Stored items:
---
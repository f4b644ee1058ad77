-- ===== src/Fuzzy/Bounded.antt =====
-- cmd/seekfs/fuzzy.go: what `damerauLevenshteinBounded` returns.
use seekfs.Common.{
  ℕ, zero, suc, ◌+◌, ◌-◌, ◌<◌, ◌≡◌, refl, ap, ◌∙◌, Bool-cases, false, ◌||◌, inl, inr, List, length,
  length-replicate, replicate, get_or, ltb, leb, ◌==◌, ==_iff, arith,
}
use seekfs.Fuzzy.Distance.{first_row, damerau_levenshtein_bounded}
use seekfs.Fuzzy.Alignment.{osa, osa_bounds, osa_distance}
use seekfs.Fuzzy.Rows.{IsRow, capped, rows_loop-osa}

length-first_row : (n j : ℕ) → length (first_row n j) ≡ n
length-first_row zero j = refl
length-first_row (suc n) j = ap suc (length-first_row n (suc j))

get_or-first_row : (n j k : ℕ) → k < n → get_or (first_row n j) k 0 ≡ j + k
get_or-first_row zero j k h = absurd (omega (arith, h))
get_or-first_row (suc n) j zero h = omega arith
get_or-first_row (suc n) j (suc k) h =
    omega (arith, get_or-first_row n (suc j) k (omega (arith, h)))

module _ (a b : List ℕ) where
  first-IsRow : IsRow a b 0 (suc (length b)) (first_row (suc (length b)) 0)
  unfolding osa
  first-IsRow = record {
    size = length-first_row (suc (length b)) 0;
    cells = λ j h. omega (arith, get_or-first_row (suc (length b)) 0 j h);
  }

  osa_right : (i : ℕ) → osa a b i 0 ≡ i
  unfolding osa
  osa_right zero = refl
  osa_right (suc i) = refl

  osa_left : (j : ℕ) → osa a b 0 j ≡ j
  unfolding osa
  osa_left j = refl

  -- The bounded distance is the optimal string alignment distance, or one more than the bound where that
  -- is over the bound: stopping at a row that is over it loses nothing.
  pub damerau_levenshtein_bounded-osa :
      (bound : ℕ) → damerau_levenshtein_bounded a b bound ≡ capped bound (osa_distance a b)
  unfolding damerau_levenshtein_bounded
  damerau_levenshtein_bounded-osa bound =
      let la = length a in
      let lb = length b in
      let zeros : List ℕ = replicate (suc lb) 0 in
      let d = osa a b la lb in
      let apart = osa_bounds a b la lb in
      elim (Bool-cases (ltb bound (la - lb) || ltb bound (lb - la))) [
        | inl y ↦ let cut : leb d bound ≡ false = ground (arith, apart, y) in rw (y, cut) refl
        | inr n ↦ elim (Bool-cases (la == 0)) [
          | inl y ↦
              let value : d ≡ lb = ap (λ z. osa a b z lb) ((==_iff la 0).0 y) ∙ osa_left lb in
              rw (n, y, value) refl
          | inr o ↦ elim (Bool-cases (lb == 0)) [
            | inl y ↦
                let value : d ≡ la = ap (osa a b la) ((==_iff lb 0).0 y) ∙ osa_right la in
                rw (n, o, y, value) refl
            | inr p ↦
                rw (n, o, p)
                  (rows_loop-osa a b bound la 0 zeros (first_row (suc lb) 0) zeros (omega arith)
                    (length-replicate (suc lb) 0) first-IsRow (length-replicate (suc lb) 0))
          ]
        ]
      ]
---
**TASK ITEM**
In the data above, how many lines contain the word "apart"? Only the number is wanted.

**YOUR RESPONSE**
2